This chart is for technical analysts only. If you believe technical analysis is bullshit, go read something else.
A weekly chart of the US Dollar Index shows it is in real trouble. Get a gander of the chart, then I'll explain.
1. The recent decline in the U.S. dollar. Any fool can see that. But that decline brings the green back to ...
2. Important support. The dollar index is at multi-month lows. This must hold. If it doesn't ...
3. First Fibonacci support.
4. Second Fibonacci support.
5. Third Fibonacci support.
6. Weekly Aroon trend indicator just gave a powerful sell signal. Most of you are unfamiliar with Aroon, though, so ...
7. Momentum, as measured by weekly RSI, is definitely weakening.
If you want fundamentals that might prompt a move below support, here are some things I am watching.

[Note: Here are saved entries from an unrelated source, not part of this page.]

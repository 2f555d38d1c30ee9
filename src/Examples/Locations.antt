-- ===== src/Examples/Locations.antt =====
-- A platform with a descriptor file and a flat file, and an image that is opened on it.
use vmdk_rs.Base.{
  replicate, ℕ, zero, suc, ◌-◌, ◌*◌, ◌%◌, ◌<◌, ◌≡◌, refl, true, false, List, [], ◌∷◌, Option, none,
  some, ltb, if◌then◌else◌, min, tabulate, arith, ap, Bool,
}
use vmdk_rs.Base.Outcome.{ok, err, ok_injective}
use vmdk_rs.Io.{IoError, Cache, source_failed}
use vmdk_rs.Descriptor.{extract_parent_fn_hint, first_capture}
use vmdk_rs.Text.Utf8.{IsAscii}
use vmdk_rs.Errors.{of_kind, unsupported_scheme}
use vmdk_rs.Text.{Text, codes, text_eq}
use vmdk_rs.Sources.{BytesSource, file_source}
use vmdk_rs.Sources.Read.{HoldsBytes, file_source-HoldsBytes}
use vmdk_rs.Location.{
  Platform, relative_url_without_base, source_for_url, path_or_url_to_url, open_file,
}
use vmdk_rs.Location.Holds.{IsHonest, Named, source_for_url-HoldsBytes}
use vmdk_rs.Location.Reports.{Reports, source_for_url-Reports}
use vmdk_rs.Description.{
  rw_access, description_of, extract_extent_descriptions, extract_lines, inner_of, is_extent_line,
  parse_access_mode, parse_extent_kind, parse_line, parse_offset, parse_target,
}
use vmdk_rs.Text.{
  is_whitespace, lines, parse_digits, parse_u64, rsplit_once, split_once, strip_prefix, trim_end,
  trim_start,
}
use vmdk_rs.Reader.{read_at_offset}
use vmdk_rs.Storage.{sector_size, offset_beyond_end}
use vmdk_rs.Open.Platform.{open_image}
use vmdk_rs.Open.Platform.Flat.{flat_contents, IsFile, flat_sources, open_image-flat}
use vmdk_rs.Foyer.Setup.{
  History, FoyerCache, new, set_up, with_default_cache, device_for, foyer_cache,
}
use vmdk_rs.Foyer.Fresh.{Reached, at_start, after_read}
use vmdk_rs.Foyer.{foyer_read}
use vmdk_rs.Foyer.Coherent.{Contents}
use vmdk_rs.Examples.Caches.{last_chunk, last_chunk-IsCache, builder, empty-IsFresh}
use vmdk_rs.Open.Flat.{flat_description, flat_reader}
use vmdk_rs.Examples.Disk.{bytes_order, stored, bytes_of}

abbrev descriptor : Text
descriptor = codes "# Disk DescriptorFile\nRW 1 FLAT \"/a\" 0\n"

abbrev text_byte : ℕ → ℕ
text_byte = bytes_of descriptor

abbrev text_len : ℕ
text_len = 39

abbrev flat_byte : ℕ → ℕ
flat_byte x = x % 251

abbrev is_descriptor : Text → Bool
is_descriptor path = text_eq path (codes "/d.vmdk")

-- Every path but that of the descriptor names the flat file.
abbrev platform : Platform
platform = record {
  is_windows = false;
  Url = Text;
  parse = λ p. relative_url_without_base;
  from_file_path = λ p. some p;
  join = λ url name. some name;
  same = text_eq;
  as_text = λ url. url;
  scheme = λ url. if text_eq url (codes "x") then codes "ftp" else codes "file";
  path = λ url. url;
  host_str = λ url. none;
  canonicalize = λ p. some p;
  file_len = λ path. ok (if is_descriptor path then text_len else 512);
  files = λ path.
      some (if is_descriptor path then tabulate text_byte 0 text_len else tabulate flat_byte 0 512);
  Bucket = Unit {0};
  bucket = λ name. ok tt;
  head_object = λ b key. err source_failed;
  get_object_range = λ b key beg last. err source_failed;
}

if_tabulate :
    (b : Bool) (f g : ℕ → ℕ) (m n len : ℕ)
    → (if b then m else n) ≡ len
    → some (if b then tabulate f 0 m else tabulate g 0 n)
      ≡ some (tabulate (if b then f else g) 0 len)
if_tabulate true f g m n len e = ap (λ k. some (tabulate f 0 k)) e
if_tabulate false f g m n len e = ap (λ k. some (tabulate g 0 k)) e

platform-IsHonest : IsHonest platform
platform-IsHonest = record {
  file_byte = λ path. if is_descriptor path then text_byte else flat_byte;
  file_holds = λ path len e.
      if_tabulate (is_descriptor path) text_byte flat_byte text_len 512 len
        (ok_injective {E = IoError} (if is_descriptor path then text_len else 512) len e);
  object_byte = λ b key x. 0;
  object_holds = λ b key len code e. cc;
}

abbrev flat_file : BytesSource
flat_file = file_source platform.files (codes "/a") 512

abbrev descriptor_file : BytesSource
descriptor_file = file_source platform.files (codes "/d.vmdk") text_len

opens_flat : source_for_url platform (codes "/a") ≡ ok flat_file
unfolding source_for_url open_file text_eq
opens_flat = refl

opens_descriptor : source_for_url platform (codes "/d.vmdk") ≡ ok descriptor_file
unfolding source_for_url open_file text_eq
opens_descriptor = refl

source_for_url-HoldsBytes_example : Named platform platform-IsHonest (codes "/a") flat_file
source_for_url-HoldsBytes_example =
    source_for_url-HoldsBytes platform platform-IsHonest (codes "/a") flat_file opens_flat

unsupported : source_for_url platform (codes "x") ≡ err (of_kind (unsupported_scheme (codes "x")))
unfolding source_for_url text_eq
unsupported = refl

source_for_url-Reports_example :
    Reports platform (codes "x") (of_kind (unsupported_scheme (codes "x")))
source_for_url-Reports_example =
    source_for_url-Reports platform (codes "x") (of_kind (unsupported_scheme (codes "x")))
      unsupported

flat_file-HoldsBytes : HoldsBytes flat_file flat_byte 512
unfolding text_eq
flat_file-HoldsBytes = file_source-HoldsBytes platform.files (codes "/a") flat_byte 512 refl

descriptor_file-HoldsBytes : HoldsBytes descriptor_file text_byte text_len
unfolding text_eq
descriptor_file-HoldsBytes =
    file_source-HoldsBytes platform.files (codes "/d.vmdk") text_byte text_len refl

abbrev opened : List BytesSource
opened = descriptor_file ∷ flat_file ∷ []

-- The image is opened, and its disk is the flat file.
abbrev set_up_cache : FoyerCache last_chunk builder
set_up_cache = new last_chunk builder none tt 1048576 0

abbrev no_hint : Text → Option Text
no_hint line = none

bytes_of-IsAscii : (bs : Text) → IsAscii bs → (i : ℕ) → bytes_of bs i < 128
bytes_of-IsAscii [] h i = omega arith
bytes_of-IsAscii (b ∷ bs) h zero = h.0
bytes_of-IsAscii (b ∷ bs) h (suc i) = bytes_of-IsAscii bs h.1 i

described :
    extract_extent_descriptions (tabulate text_byte 0 text_len)
    ≡ some (flat_description rw_access 1 (codes "/a") ∷ [])
unfolding lines parse_digits parse_u64 rsplit_once split_once strip_prefix trim_end trim_start
    text_eq is_whitespace description_of extract_extent_descriptions extract_lines inner_of
    is_extent_line parse_access_mode parse_extent_kind parse_line parse_offset parse_target
described = refl

abbrev rest : Text
rest = codes "RW 1 FLAT \"/a\" 0\n"

ready : set_up last_chunk builder (ok tt) (codes "file") ≡ ok set_up_cache
unfolding set_up with_default_cache device_for text_eq
ready = refl

descriptor-IsFile : IsFile platform (codes "/d.vmdk") text_byte text_len
unfolding text_eq
descriptor-IsFile = record { is_file = refl; measured = refl; holds = refl }

flat-IsFile : IsFile platform (codes "/a") flat_byte 512
unfolding text_eq
flat-IsFile = record { is_file = refl; measured = refl; holds = refl }

abbrev image_contents : Contents
image_contents = flat_contents text_byte text_len flat_byte 512

-- What is left by a read of the descriptor, and then by one of the flat file.
abbrev after_text : last_chunk.Store
after_text = (foyer_read last_chunk 1048576 opened 0 0 (replicate 8 0) none).1

abbrev after_flat : last_chunk.Store
after_flat = (foyer_read last_chunk 1048576 opened 1 100 (replicate 8 0) after_text).1

abbrev Left : last_chunk.Store → Type 0
Left s = Reached last_chunk last_chunk-IsCache builder image_contents set_up_cache s

after_text-Left : Left after_text
after_text-Left =
    after_read none opened 0 0 8 descriptor_file at_start refl descriptor_file-HoldsBytes
      (omega arith) (omega arith)

after_flat-Left : Left after_flat
after_flat-Left =
    after_read after_text opened 1 100 8 flat_file after_text-Left refl flat_file-HoldsBytes
      (omega arith) (omega arith)

abbrev opening : History last_chunk builder
opening i off n = after_text

abbrev later : History last_chunk builder
later i off n = after_flat

abbrev image_cache : Cache
image_cache =
    foyer_cache last_chunk builder set_up_cache later
      (flat_sources platform (codes "/d.vmdk") text_len (codes "/a") 512)

open_image-flat_example :
    (open_image platform last_chunk builder
        (ok tt)
        bytes_order
        no_hint
        opening
        later
        40
        1
        (codes "/d.vmdk")
      ≡ ok (flat_reader 1, image_cache))
    × (let j = min 100 (1 * sector_size - 500) in
        read_at_offset image_cache bytes_order stored (flat_reader 1) 500 100 ≡ (
          if ltb (1 * sector_size) 500
          then err (offset_beyond_end 500 (1 * sector_size))
          else ok (j, tabulate flat_byte 500 j)))
unfolding path_or_url_to_url extract_parent_fn_hint first_capture lines text_eq
open_image-flat_example =
    open_image-flat platform last_chunk last_chunk-IsCache builder (ok tt) bytes_order no_hint
      stored (codes "/d.vmdk") (codes "/d.vmdk") (codes "/a") set_up_cache rw_access 1 (codes "/a")
      40 0 text_len 512 text_byte flat_byte rest 500 100 opening later refl ready empty-IsFresh
      (λ i off m. after_text-Left) (λ i off m. after_flat-Left) descriptor-IsFile (omega arith)
      (λ i h. bytes_of-IsAscii descriptor (omega arith) i) (omega arith) refl described refl refl
      flat-IsFile (omega arith) (omega arith) (omega arith) (omega arith)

Saudi Arabia threatens to sell off U.S. assets if Congress passes a bill that would allow the Saudi government to be held responsible for any role in the September 11 attacks. (link)
That's up to $750 billion in U.S. assets. Including lots of Treasuries. Foreign ownership of U.S. Treasuries is one of the things supporting the U.S. dollar.
And the Saudis have reason to be worried. 60 Minutes just did a segment on Saudi involvement in 9/11.
Estimates of U.S. GDP Growth Are in The Tank. The Atlanta Fed GDPNow model forecast for real GDP growth (seasonally adjusted annual rate) in the first quarter of 2016 is 0.3% on April 13. ZERO POINT THREE PERCENT!
Sure, first-quarter GDP was weak last year, too. But 0.3%. Great googly-moogly! That is awful.
Maybe things will pick up in the second quarter. Sure. As the oil patch collapses in on itself, keep telling yourself that.
The point is, with economic growth this weak, I don't see how the Fed can raise interest rates. The Fed recently cut its number of intended hikes this year from four to two. How does NONE sound to you? Sounds about right to me. And maybe the market is getting a whiff of that, too.
Economic Indicators are Weakening. Monthly data for March featured a big decrease in industrial production and capacity utilization. Retail sales also fell, with a slump in vehicle sales getting most of the blame. Producer prices decreased.
I'm not saying we're going into recession. I'm saying this is more evidence the Fed can't raise rates. That cuts more support out from underneath the dollar.
So what does this have to do with gold? Easy. Gold is priced in dollars. Usually, when the dollar moves in one direction, gold moves in another. It's what I call the "seesaw of pain."
For 4 1/2-years, gold was on the painful end of that see-saw. Now, that see-saw may be about to come slamming down on the dollar's head.